# 50mm f/1.4 Canon vs. Sigma



## Jesse (Sep 28, 2014)

I currently have the Canon version and while sometimes it takes amazing images, a lot of the time I find it's super soft or just misses focus. I also own the 85mm f/1.8, which I find to be much sharper and hits focus a lot more often, so it's not me having a focus issue. 

My question is, would it be worth switching to the Sigma version? I'm mostly worried about it not having the creamy bokeh that the Canon version has because the Sigma is a much sharper lens. 

Example of when I hate this lens:

https://www.flickr.com/photos/jesseherzog/14892121262/

Focus is off and image is super soft. Not a fan of the bokeh in this either. 

Examples of when I love this lens: 

https://www.flickr.com/photos/jesseherzog/15083888055/

https://www.flickr.com/photos/jesseherzog/10998659386/


----------



## jdramirez (Sep 28, 2014)

We are talking about the original sigma, not the art, right. Dogs your body have auto focus micro adjust?

I never shot the Canon 50 below f2.8, so I'm a marginal resource l at best... but the old Sigma would be poor with afma because the lens needed more than 20 units of afma... 

The art has problems with peripheral auto focus points... and the Canon is soft wide open. So it's a give and take.

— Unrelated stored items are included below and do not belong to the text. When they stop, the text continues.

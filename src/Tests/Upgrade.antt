-- ===== src/Tests/Upgrade.antt =====
-- The theorems on the upgrade program, at a concrete upgrade and a concrete change of its key.
use solana_bridge_program.Common.{
  ℕ, arith, ◌≢◌, ◌≡◌, refl, some, List, [], ◌∷◌, ◌++◌, Bytes, replicate, bytes_eq,
}
use solana_bridge_program.Runtime.{
  Bank, Result, ok, next_account_info, write_data, checked_add, AccountInfo,
}
use solana_bridge_program.Runtime.Laws.{IsUsed, RecordLaws}
use solana_bridge_program.Runtime.Store.{OnlyData}
use solana_bridge_program.Shared.Types.{upgrade_admin_pda_seed}
use solana_bridge_program.Shared.Ecdsa.{verify_ecdsa_signature}
use solana_bridge_program.Shared.Merkle.{
  merkle_loop, merkle_step, get_merkle_root, amount_bytes, bytes_leb,
}
use solana_bridge_program.Upgrade.State.{UpgradeAdmin}
use solana_bridge_program.Upgrade.Content
use solana_bridge_program.Env.{Env}
use solana_bridge_program.Upgrade.Processor.{dispatch, process_instruction}
use solana_bridge_program.Shared.Instructions.Upgrade.{UpgradeInstruction}
use solana_bridge_program.Upgrade.Handlers.{
  read_upgrade_admin, process_transfer_ownership, process_upgrade,
}
use solana_bridge_program.Upgrade.Handlers.Upgraded.{
  Opened, Upgraded, upgrade_sound, upgrade_ownership_sound,
}
use solana_bridge_program.Runtime.History.{here, own, others}
use solana_bridge_program.Upgrade.Replay.{nonce_never_falls, upgrade_not_replayed}
use solana_bridge_program.Upgrade.Replay.Admin.{Held}
use solana_bridge_program.Upgrade.Replay.Kept.{ReadsKeys}
use solana_bridge_program.Tests.Laws.{test_laws}
use solana_bridge_program.Tests.Platform.{test_env, no_codec}
use solana_bridge_program.Tests.Accounts.{upgrade_admin_codec-IsLawful}
use solana_bridge_program.Tests.Scene.{
  test_upgrade_admin, program, upgrade_info, upgraded_program, other_info, handle, accounts, after,
}

abbrev new_key : Bytes
new_key = replicate 64 8

abbrev key_signature : Bytes
key_signature = test_env.keccak new_key ++ test_env.keccak new_key

abbrev transfer_run : Result (Unit {0} × Bank)
transfer_run =
    process_transfer_ownership test_env program (upgrade_info ∷ []) new_key key_signature 0
      (accounts 0 0)

transfer_runs : transfer_run ≡ ok (tt, after (accounts 0 0) transfer_run)
unfolding process_transfer_ownership read_upgrade_admin verify_ecdsa_signature bytes_eq
    next_account_info write_data upgrade_admin_pda_seed
transfer_runs = refl

upgrade_ownership_sound_example :
    (admin : UpgradeAdmin) × Opened test_env program upgrade_info admin.contract
      (accounts 0 0)
      admin
    × (test_env.secp256k1_recover (test_env.keccak new_key) 0 key_signature ≡ some admin.public_key)
    × (test_env.upgrade_admin.deserialize
          (after (accounts 0 0) transfer_run upgrade_info.key).data_bytes
        ≡ some (record admin { public_key = new_key }))
    × OnlyData upgrade_info.key (accounts 0 0) (after (accounts 0 0) transfer_run)
upgrade_ownership_sound_example =
    upgrade_ownership_sound test_env program upgrade_info [] new_key key_signature 0 (accounts 0 0)
      (after (accounts 0 0) transfer_run) upgrade_admin_codec-IsLawful refl transfer_runs

abbrev upgraded_info : AccountInfo
upgraded_info = handle upgraded_program

abbrev path : List Bytes
path = replicate 32 77 ∷ []

abbrev upgrade_signature : ℕ → Bytes
upgrade_signature nonce =
    let root =
      merkle_loop test_env
        (Content.hash test_env (Content.new nonce upgraded_program other_info.key)) path in
    root ++ root

abbrev upgrade_run : Result (Unit {0} × Bank)
upgrade_run =
    process_upgrade test_env program
      (upgrade_info ∷ other_info ∷ upgraded_info ∷ other_info ∷ other_info ∷ other_info ∷ other_info
        ∷ [])
      (upgrade_signature 4) 0 path (accounts 0 0)

upgrade_runs : upgrade_run ≡ ok (tt, after (accounts 0 0) upgrade_run)
unfolding process_upgrade read_upgrade_admin verify_ecdsa_signature bytes_eq next_account_info
    write_data upgrade_admin_pda_seed get_merkle_root merkle_loop merkle_step bytes_leb amount_bytes
    Content.hash Content.message Content.new checked_add
upgrade_runs = refl

upgrade_sound_example :
    Upgraded test_env program upgrade_info other_info upgraded_info other_info other_info other_info
      other_info []
      (upgrade_signature 4)
      0
      path
      (accounts 0 0)
      (after (accounts 0 0) upgrade_run)
upgrade_sound_example =
    upgrade_sound test_env program upgrade_info other_info upgraded_info other_info other_info
      other_info other_info [] (upgrade_signature 4) 0 path (accounts 0 0)
      (after (accounts 0 0) upgrade_run) upgrade_admin_codec-IsLawful upgrade_runs

abbrev once : Bank
once = after (accounts 0 0) upgrade_run

abbrev again : Result (Unit {0} × Bank)
again =
    process_upgrade test_env program
      (upgrade_info ∷ other_info ∷ upgraded_info ∷ other_info ∷ other_info ∷ other_info ∷ other_info
        ∷ [])
      (upgrade_signature 5) 0 path once

again_runs : again ≡ ok (tt, after once again)
unfolding process_upgrade read_upgrade_admin verify_ecdsa_signature bytes_eq next_account_info
    write_data upgrade_admin_pda_seed get_merkle_root merkle_loop merkle_step bytes_leb amount_bytes
    Content.hash Content.message Content.new checked_add
again_runs = refl

reads-ReadsKeys : ReadsKeys test_env
reads-ReadsKeys input args e = cc

admin-IsUsed : IsUsed program upgrade_info.key (accounts 0 0)
unfolding bytes_eq
admin-IsUsed = record { owner = refl; filled = omega arith }

-- The platform, with a codec that reads the signed upgrade.
abbrev upgrading_env : Env
upgrading_env = record test_env {
  upgrade_instruction = record no_codec {
    try_from_slice = λ input. some (
        UpgradeInstruction.upgrade
          (record { signature = upgrade_signature 4; recovery_id = 0; path = path }));
  };
}

upgrading_laws : RecordLaws upgrading_env program
upgrading_laws =
    let laws = test_laws program in
    record {
      owned_kept = laws.owned_kept;
      create_fresh = laws.create_fresh;
      create_done = laws.create_done;
    }

upgrading-ReadsKeys : ReadsKeys upgrading_env
upgrading-ReadsKeys input args e = cc

upgrading-Held : Held upgrading_env program upgrade_info.key upgraded_program 4 (accounts 0 0)
unfolding bytes_eq
upgrading-Held = record {
  used = admin-IsUsed;
  admin = test_upgrade_admin;
  stored = refl;
  initialized = refl;
  same_contract = refl;
  least = omega arith;
}

abbrev instruction_run : Result (Unit {0} × Bank)
instruction_run =
    process_instruction upgrading_env program
      (upgrade_info ∷ other_info ∷ upgraded_info ∷ other_info ∷ other_info ∷ other_info ∷ other_info
        ∷ [])
      [] (accounts 0 0)

instruction_runs : instruction_run ≡ ok (tt, after (accounts 0 0) instruction_run)
unfolding process_instruction dispatch process_upgrade read_upgrade_admin verify_ecdsa_signature
    bytes_eq next_account_info write_data upgrade_admin_pda_seed get_merkle_root merkle_loop
    merkle_step bytes_leb amount_bytes Content.hash Content.message Content.new checked_add
instruction_runs = refl

-- The program runs an upgrade, and another program runs after it.
nonce_never_falls_example :
    Held upgrading_env program upgrade_info.key upgraded_program 4
      (after (accounts 0 0) instruction_run)
nonce_never_falls_example =
    nonce_never_falls upgrading_env program upgrading_laws upgrade_admin_codec-IsLawful
      upgrading-ReadsKeys upgrade_info.key upgraded_program 4 upgrading-Held
      (others
        (own
          (upgrade_info ∷ other_info ∷ upgraded_info ∷ other_info ∷ other_info ∷ other_info
            ∷ other_info ∷ [])
          [] here instruction_runs)
        (λ k used. (refl, refl)))

upgrade_not_replayed_example :
    (first : Upgraded test_env program upgrade_info other_info upgraded_info other_info other_info
      other_info other_info []
      (upgrade_signature 4)
      0
      path
      (accounts 0 0)
      once)
    × (second : Upgraded test_env program upgrade_info other_info upgraded_info other_info
        other_info other_info other_info []
        (upgrade_signature 5)
        0
        path
        once
        (after once again))
    × (Content.message (Content.new first.admin.nonce first.admin.contract other_info.key)
        ≢ Content.message (Content.new second.admin.nonce second.admin.contract other_info.key))
upgrade_not_replayed_example =
    upgrade_not_replayed test_env program (test_laws program) upgrade_admin_codec-IsLawful
      reads-ReadsKeys upgrade_info other_info upgraded_info other_info other_info other_info
      other_info [] (upgrade_signature 4) 0 path other_info upgraded_info other_info other_info
      other_info other_info [] (upgrade_signature 5) 0 path (accounts 0 0) once once
      (after once again) admin-IsUsed upgrade_runs (others here (λ k used. (refl, refl))) again_runs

The 85mm might just be a good match with your body... manufacturing tolerances...


----------



## Jesse (Sep 28, 2014)

No I'm talking about the new art lens


----------



## Marsu42 (Sep 28, 2014)

Jesse said:


> I currently have the Canon version and while sometimes it takes amazing images, a lot of the time I find it's super soft or just misses focus. I also own the 85mm f/1.8, which I find to be much sharper and hits focus a lot more often, so it's not me having a focus issue.



No surprise, the infamous 50/1.4 doesn't even have a "real" usm motor but just a crappy micro-usm.



Jesse said:


> No I'm talking about the new art lens



You're actually asking if a €900 Sigma with 77mm from 2014 is an upgrade vs a €300 58mm Canon from 2005?


----------



## Jesse (Sep 28, 2014)

Not asking if it's an upgrade, asking if it'a worth it and asking which has the better looking bokeh.


----------



## Jesse (Sep 28, 2014)

No to mention the Sigma is more than double the price and size.


----------



## Jesse (Sep 28, 2014)

Found my answer here though: http://www.the-digital-picture.com/Reviews/Sigma-50mm-f-1.4-DG-HSM-Art-Lens.aspx


----------



## Marsu42 (Sep 28, 2014)

Jesse said:


> Not asking if it's an upgrade, asking if it'a worth it and asking which has the better looking bokeh.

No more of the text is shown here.